A ball is thrown directly downward, with an initial speed of 6.10 m/s, from a height of 31.0 m. After what interval does the ball strike the ground?

d = Vi*t + 0.5gt^2 = 31m,

6.1t + 0.5*9.8t^2 = 31,
4.9t^2 + 6.1t - 31 = 0,
Solve for t using Quad.
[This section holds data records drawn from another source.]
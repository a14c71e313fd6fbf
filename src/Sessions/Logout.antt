-- ===== src/Sessions/Logout.antt =====
-- internal/infrastructure/persistence/session_manager.go: a session that was deleted is not accepted.
use mathlib.Core.Path.{subst}
use neo_nect_server.Base.{
  ℕ, ◌≡◌, ◌≢◌, sym, ◌∙◌, inl, inr, false, none, String, arith, string_eq, beq_self, any, find,
  find-none, any-delete_self, lookup, remove, Distinct, lookup-remove, Bool-cases,
}
use neo_nect_server.Error.{ok, err, no_rows}
use neo_nect_server.Db.{Tables, World, statement}
use neo_nect_server.Sessions.{
  Cache, is_session, select_session, loaded, get_by_hash, get_user_id_by_session, delete_session,
  delete_session_by_hash,
}

select_session-missing :
    (h : String) (t : Tables)
    → find (is_session h) t.user_blocks ≡ none
    → select_session h t ≡ err no_rows
unfolding select_session
select_session-missing h t e = rw (e, select_session)

-- A token that neither the cache nor the table knows is not accepted, whichever driver calls fail.
unknown_refused :
    (hash : String → String) (now : ℕ) (token : String) (cache : Cache) (w : World) (uid : ℕ)
    → lookup (hash token) cache ≡ none
    → find (is_session (hash token)) w.tables.user_blocks ≡ none
    → (get_user_id_by_session hash now token cache w).0 ≢ ok uid
unfolding get_user_id_by_session get_by_hash statement loaded
unknown_refused hash now token cache w uid fresh missing = elim (Bool-cases (w.fails w.calls)) [
  | inl failed ↦ rw (fresh, failed) (λ h. cc)
  | inr answered ↦
      rw (fresh, answered, select_session-missing (hash token) w.tables missing) (λ h. cc)
]

rows_gone :
    (h : String) (cache : Cache) (w : World)
    → (delete_session_by_hash h cache w).0 ≡ ok tt
    → any (is_session h) (delete_session_by_hash h cache w).2.tables.user_blocks ≡ false
unfolding delete_session_by_hash statement
rows_gone h cache w done = elim (Bool-cases (w.fails w.calls)) [
  | inl failed ↦ ground arith
  | inr answered ↦ rw answered (any-delete_self (is_session h) w.tables.user_blocks)
]

-- Once `DeleteSession` has returned without an error, the token is not accepted by the next
-- `GetUserIdBySession`, at any time and whichever driver calls fail, if no key stands twice in the
-- cache.
pub delete_session_effective :
    (hash : String → String) (now : ℕ) (token : String) (cache : Cache) (w w' : World) (uid : ℕ)
    → Distinct cache
    → (delete_session hash token cache w).0 ≡ ok tt
    → w'.tables ≡ (delete_session hash token cache w).2.tables
    → (get_user_id_by_session hash now token (delete_session hash token cache w).1 w').0 ≢ ok uid
unfolding delete_session
delete_session_effective hash now token cache w w' uid distinct done same =
    unknown_refused hash now token (remove (hash token) cache) w' uid
      (lookup-remove (hash token) (hash token) cache distinct ∙ rw (beq_self (hash token)))
      (find-none (is_session (hash token)) w'.tables.user_blocks (
        subst (λ t. any (is_session (hash token)) t.user_blocks ≡ false) (sym same)
          (rows_gone (hash token) cache w done)))
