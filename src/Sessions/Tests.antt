-- ===== src/Sessions/Tests.antt =====
-- Runs of internal/infrastructure/persistence/session_manager.go on one session.
use neo_nect_server.Base.{◌≡◌, ◌≢◌, refl, String, some, [], ◌∷◌, Distinct, lookup, string_eq}
use neo_nect_server.Error.{ok}
use neo_nect_server.Db.{BlockType, Tables, quiet, statement}
use neo_nect_server.Sessions.{Cache, get_user_id_by_session, delete_session}
use neo_nect_server.Sessions.Logout.{delete_session_effective}

abbrev one_session : Tables
one_session = record {
  users = [];
  user_blocks =
      record {
        user_id = 1;
        block_type = BlockType.session;
        sub_block_id = some "t";
        payload = "";
        created_at = 50;
      }
      ∷ [];
  devices = [];
  friendships = [];
  friend_requests = [];
  delivery_queue = [];
  signed_curve = [];
  one_time_curve = [];
  signed_pq = [];
  one_time_pq = [];
  idempotency = [];
  last_user_id = 1;
  last_queue_id = 0;
}

abbrev plain_hash : String → String
plain_hash s = s

abbrev warm_cache : Cache
warm_cache = ("t", record { uid = 1; expires_at = 86450 }) ∷ []

warm-Distinct : Distinct warm_cache
unfolding lookup
warm-Distinct = (refl, tt)

logged_out : (delete_session plain_hash "t" warm_cache (quiet one_session)).0 ≡ ok tt
unfolding delete_session statement
logged_out = refl

delete_session_effective_example :
    (get_user_id_by_session plain_hash 60 "t"
      (delete_session plain_hash "t" warm_cache (quiet one_session)).1
      (quiet (delete_session plain_hash "t" warm_cache (quiet one_session)).2.tables)).0
    ≢ ok 1
delete_session_effective_example =
    delete_session_effective plain_hash 60 "t" warm_cache (quiet one_session)
      (quiet (delete_session plain_hash "t" warm_cache (quiet one_session)).2.tables) 1
      warm-Distinct logged_out refl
Formula and get:

t = 1.97s.

To find the time it takes for the ball to strike the ground, we can use the kinematic equation for vertical motion:

h = ut + (1/2) gt^2

Where:
h = initial height = 31.0 m (negative since it is measured downward)
u = initial velocity = -6.10 m/s (negative since it is directed downward)
g = acceleration due to gravity = -9.8 m/s^2 (negative since it is directed downward)
t = time of flight (what we need to find)

To solve for t, we rearrange the equation:

31.0 = (-6.10)t + (1/2)(-9.8)t^2

Simplifying the equation, we get:

-4.9t^2 - 6.10t + 31.0 = 0

This is a quadratic equation, which can be solved using the quadratic formula:

t = (-b ± √(b^2 - 4ac)) / (2a)

In this case, a = -4.9, b = -6.10, and c = 31.0. Substituting these values into the quadratic formula, we have:

t = (-(-6.10) ± √((-6.10)^2 - 4(-4.9)(31.0))) / (2(-4.9))

Simplifying further, we get:

t = (6.10 ± √(37.21 + 607.6)) / (-9.8)

Calculating inside the square root:
√(37.21 + 607.6) = √644.81 = 25.4

Substituting the values back into the equation, we have:

t = (6.10 ± 25.4) / (-9.8)

Now we can solve for the two possible values of t:

Case 1: t = (6.10 - 25.4) / (-9.8) = -19.3 / (-9.8) ≈ 1.97 s
Case 2: t = (6.10 + 25.4) / (-9.8) = 31.5 / (-9.8) ≈ -3.22 s

Since time cannot be negative in this context, we discard the negative value and consider the positive value. Therefore, the ball strikes the ground approximately after 1.97 seconds.